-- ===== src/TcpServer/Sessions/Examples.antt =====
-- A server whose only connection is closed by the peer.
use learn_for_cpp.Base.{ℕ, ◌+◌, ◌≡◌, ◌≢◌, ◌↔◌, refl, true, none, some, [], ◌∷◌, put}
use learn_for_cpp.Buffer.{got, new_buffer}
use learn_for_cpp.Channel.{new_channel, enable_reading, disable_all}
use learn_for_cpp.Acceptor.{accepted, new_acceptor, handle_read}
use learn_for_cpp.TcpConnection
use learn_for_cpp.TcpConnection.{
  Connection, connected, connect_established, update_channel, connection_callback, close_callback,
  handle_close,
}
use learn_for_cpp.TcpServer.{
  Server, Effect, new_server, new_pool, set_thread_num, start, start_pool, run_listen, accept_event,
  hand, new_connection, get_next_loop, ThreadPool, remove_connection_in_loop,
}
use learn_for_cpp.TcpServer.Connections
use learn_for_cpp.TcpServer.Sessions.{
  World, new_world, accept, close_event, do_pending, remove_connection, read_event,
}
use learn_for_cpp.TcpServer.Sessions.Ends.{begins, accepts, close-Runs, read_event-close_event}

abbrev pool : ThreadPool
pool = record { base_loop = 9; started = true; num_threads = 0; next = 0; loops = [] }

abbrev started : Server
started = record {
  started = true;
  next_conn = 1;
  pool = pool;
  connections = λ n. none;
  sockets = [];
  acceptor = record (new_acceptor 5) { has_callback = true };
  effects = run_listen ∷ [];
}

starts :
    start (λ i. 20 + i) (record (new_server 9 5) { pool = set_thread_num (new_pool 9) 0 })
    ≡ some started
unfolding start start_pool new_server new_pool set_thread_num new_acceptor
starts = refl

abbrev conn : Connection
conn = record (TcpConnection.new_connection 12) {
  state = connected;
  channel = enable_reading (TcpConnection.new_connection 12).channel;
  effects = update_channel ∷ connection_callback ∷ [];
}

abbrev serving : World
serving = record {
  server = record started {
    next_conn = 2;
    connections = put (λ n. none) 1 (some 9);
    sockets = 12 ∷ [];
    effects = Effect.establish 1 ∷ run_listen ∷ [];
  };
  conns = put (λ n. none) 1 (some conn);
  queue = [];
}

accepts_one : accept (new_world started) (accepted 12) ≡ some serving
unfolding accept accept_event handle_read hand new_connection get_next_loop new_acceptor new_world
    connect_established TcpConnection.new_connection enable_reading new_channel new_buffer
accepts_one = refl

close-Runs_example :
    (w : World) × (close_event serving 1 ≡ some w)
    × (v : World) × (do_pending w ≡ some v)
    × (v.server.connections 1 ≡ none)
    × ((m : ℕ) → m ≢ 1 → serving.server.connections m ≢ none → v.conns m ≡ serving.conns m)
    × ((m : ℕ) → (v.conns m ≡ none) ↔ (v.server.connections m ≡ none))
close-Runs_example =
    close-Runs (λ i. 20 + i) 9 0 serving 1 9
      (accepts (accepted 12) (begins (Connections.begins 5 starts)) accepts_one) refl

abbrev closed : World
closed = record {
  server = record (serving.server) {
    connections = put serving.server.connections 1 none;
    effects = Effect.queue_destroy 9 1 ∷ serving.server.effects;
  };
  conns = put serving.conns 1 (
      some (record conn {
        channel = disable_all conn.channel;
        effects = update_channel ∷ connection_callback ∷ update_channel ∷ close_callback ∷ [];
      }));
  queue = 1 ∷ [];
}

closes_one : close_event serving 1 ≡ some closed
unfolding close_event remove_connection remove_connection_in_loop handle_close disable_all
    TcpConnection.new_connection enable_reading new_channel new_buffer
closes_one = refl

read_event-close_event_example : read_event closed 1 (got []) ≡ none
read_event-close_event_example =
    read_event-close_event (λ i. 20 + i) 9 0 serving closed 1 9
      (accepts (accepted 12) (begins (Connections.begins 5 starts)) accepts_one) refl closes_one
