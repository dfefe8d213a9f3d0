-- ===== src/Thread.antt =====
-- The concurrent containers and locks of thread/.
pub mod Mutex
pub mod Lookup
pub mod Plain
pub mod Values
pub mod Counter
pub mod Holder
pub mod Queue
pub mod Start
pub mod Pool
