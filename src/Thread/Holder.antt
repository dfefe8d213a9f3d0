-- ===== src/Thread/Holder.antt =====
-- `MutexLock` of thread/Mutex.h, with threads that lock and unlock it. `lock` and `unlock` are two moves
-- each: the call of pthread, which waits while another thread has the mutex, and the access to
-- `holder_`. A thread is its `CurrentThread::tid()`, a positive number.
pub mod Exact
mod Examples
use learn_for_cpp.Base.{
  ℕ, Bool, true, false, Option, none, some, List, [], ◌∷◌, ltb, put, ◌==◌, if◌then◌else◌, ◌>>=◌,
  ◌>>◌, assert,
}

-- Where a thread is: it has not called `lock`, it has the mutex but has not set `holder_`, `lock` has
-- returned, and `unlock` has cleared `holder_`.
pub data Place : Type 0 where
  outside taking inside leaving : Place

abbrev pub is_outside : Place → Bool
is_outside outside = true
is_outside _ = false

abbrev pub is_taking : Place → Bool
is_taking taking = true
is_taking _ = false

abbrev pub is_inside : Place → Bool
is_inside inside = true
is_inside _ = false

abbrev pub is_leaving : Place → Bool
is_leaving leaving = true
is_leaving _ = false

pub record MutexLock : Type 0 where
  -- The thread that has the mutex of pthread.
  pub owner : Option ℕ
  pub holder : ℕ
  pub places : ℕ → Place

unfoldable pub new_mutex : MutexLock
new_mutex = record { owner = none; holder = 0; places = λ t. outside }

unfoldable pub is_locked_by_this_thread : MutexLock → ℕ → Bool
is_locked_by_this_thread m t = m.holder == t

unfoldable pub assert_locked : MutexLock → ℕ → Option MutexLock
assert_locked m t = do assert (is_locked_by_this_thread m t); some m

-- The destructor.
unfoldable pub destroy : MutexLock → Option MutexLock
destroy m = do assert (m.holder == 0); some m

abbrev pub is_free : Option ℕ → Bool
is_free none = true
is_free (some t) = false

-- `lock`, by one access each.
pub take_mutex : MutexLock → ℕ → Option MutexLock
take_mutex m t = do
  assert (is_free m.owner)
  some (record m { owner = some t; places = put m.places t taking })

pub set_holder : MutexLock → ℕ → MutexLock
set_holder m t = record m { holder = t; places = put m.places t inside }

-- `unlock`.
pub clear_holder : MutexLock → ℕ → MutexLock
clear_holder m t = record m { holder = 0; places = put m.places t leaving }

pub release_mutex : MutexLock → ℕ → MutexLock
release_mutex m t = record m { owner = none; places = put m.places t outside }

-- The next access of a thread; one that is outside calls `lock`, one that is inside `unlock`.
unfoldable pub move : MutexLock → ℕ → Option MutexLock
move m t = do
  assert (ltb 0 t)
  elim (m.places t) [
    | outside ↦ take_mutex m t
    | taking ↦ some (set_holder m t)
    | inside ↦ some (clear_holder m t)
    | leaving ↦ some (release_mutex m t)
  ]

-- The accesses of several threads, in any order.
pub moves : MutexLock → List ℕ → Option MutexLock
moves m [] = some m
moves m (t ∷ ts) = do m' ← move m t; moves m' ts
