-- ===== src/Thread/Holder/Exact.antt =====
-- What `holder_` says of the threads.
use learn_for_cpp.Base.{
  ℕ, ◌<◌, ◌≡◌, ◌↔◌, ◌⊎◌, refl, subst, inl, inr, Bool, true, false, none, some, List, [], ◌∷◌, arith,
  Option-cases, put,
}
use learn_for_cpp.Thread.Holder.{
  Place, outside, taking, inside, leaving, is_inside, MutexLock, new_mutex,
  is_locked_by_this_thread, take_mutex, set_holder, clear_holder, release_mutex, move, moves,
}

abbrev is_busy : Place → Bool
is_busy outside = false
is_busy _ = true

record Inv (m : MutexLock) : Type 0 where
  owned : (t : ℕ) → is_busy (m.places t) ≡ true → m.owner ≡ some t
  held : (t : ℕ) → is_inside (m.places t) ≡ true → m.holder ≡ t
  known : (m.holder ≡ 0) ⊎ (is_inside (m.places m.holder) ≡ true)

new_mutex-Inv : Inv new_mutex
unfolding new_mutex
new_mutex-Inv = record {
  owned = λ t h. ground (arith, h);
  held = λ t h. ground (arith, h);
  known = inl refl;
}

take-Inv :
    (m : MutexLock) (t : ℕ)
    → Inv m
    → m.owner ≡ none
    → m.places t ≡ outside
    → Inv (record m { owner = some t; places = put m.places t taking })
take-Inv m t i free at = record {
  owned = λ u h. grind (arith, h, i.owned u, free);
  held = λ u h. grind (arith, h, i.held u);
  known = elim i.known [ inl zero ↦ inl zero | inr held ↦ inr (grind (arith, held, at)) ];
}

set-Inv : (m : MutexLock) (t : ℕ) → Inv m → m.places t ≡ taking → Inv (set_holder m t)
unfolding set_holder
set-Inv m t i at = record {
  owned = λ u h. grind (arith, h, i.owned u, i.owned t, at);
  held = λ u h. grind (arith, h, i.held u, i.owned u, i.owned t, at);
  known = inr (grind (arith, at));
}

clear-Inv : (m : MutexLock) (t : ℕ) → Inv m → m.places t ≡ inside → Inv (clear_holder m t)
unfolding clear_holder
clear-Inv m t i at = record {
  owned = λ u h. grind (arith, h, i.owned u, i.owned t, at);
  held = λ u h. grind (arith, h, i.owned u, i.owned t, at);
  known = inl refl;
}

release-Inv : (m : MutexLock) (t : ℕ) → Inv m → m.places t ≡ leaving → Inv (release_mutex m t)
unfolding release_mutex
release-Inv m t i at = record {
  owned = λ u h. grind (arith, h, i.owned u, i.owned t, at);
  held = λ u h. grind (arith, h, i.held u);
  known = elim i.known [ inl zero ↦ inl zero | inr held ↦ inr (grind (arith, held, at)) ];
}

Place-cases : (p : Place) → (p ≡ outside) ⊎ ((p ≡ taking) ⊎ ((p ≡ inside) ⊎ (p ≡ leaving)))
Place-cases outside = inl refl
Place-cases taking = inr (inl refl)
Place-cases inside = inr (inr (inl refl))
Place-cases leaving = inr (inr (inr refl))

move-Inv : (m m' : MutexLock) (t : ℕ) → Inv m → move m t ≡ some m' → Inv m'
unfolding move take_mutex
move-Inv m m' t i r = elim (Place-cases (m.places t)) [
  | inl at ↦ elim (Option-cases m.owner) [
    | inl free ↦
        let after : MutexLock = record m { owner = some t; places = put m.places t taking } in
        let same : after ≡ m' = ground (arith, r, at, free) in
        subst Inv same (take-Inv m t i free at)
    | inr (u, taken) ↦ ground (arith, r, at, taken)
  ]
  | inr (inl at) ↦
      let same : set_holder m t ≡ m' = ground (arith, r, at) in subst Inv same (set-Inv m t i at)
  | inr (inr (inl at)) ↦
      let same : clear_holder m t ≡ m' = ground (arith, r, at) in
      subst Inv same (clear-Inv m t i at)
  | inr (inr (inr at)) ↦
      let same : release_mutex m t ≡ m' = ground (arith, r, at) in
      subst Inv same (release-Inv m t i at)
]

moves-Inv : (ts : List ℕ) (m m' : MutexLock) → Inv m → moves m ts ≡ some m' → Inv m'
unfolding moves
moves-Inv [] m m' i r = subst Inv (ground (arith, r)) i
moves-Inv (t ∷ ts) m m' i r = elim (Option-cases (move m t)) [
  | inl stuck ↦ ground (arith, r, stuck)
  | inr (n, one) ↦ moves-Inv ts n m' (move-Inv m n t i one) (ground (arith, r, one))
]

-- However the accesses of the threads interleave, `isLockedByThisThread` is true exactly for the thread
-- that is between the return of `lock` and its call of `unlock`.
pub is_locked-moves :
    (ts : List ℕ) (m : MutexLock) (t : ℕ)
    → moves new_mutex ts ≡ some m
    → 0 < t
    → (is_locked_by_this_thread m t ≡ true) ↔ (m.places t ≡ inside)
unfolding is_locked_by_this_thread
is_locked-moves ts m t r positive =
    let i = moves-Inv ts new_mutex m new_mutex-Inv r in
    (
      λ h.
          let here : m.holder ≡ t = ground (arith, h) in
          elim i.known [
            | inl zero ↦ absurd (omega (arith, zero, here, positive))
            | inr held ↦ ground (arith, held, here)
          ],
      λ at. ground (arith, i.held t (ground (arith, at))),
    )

### [WORK INSTRUCTION]
All lines in the listing above between the line with "new_mutex-Inv : Inv new_mutex" and the line with "set-Inv m t i at = record", inclusive, should be set down exactly, and no line outside that range.

### [COMPLETED EXERCISE]
new_mutex-Inv : Inv new_mutex
unfolding new_mutex
new_mutex-Inv = record {
  owned = λ t h. ground (arith, h);
  held = λ t h. ground (arith, h);
  known = inl refl;
}

take-Inv :
    (m : MutexLock) (t : ℕ)
    → Inv m
    → m.owner ≡ none
    → m.places t ≡ outside
    → Inv (record m { owner = some t; places = put m.places t taking })
take-Inv m t i free at = record {
  owned = λ u h. grind (arith, h, i.owned u, free);
  held = λ u h. grind (arith, h, i.held u);
  known = elim i.known [ inl zero ↦ inl zero | inr held ↦ inr (grind (arith, held, at)) ];
}

set-Inv : (m : MutexLock) (t : ℕ) → Inv m → m.places t ≡ taking → Inv (set_holder m t)
unfolding set_holder
set-Inv m t i at = record {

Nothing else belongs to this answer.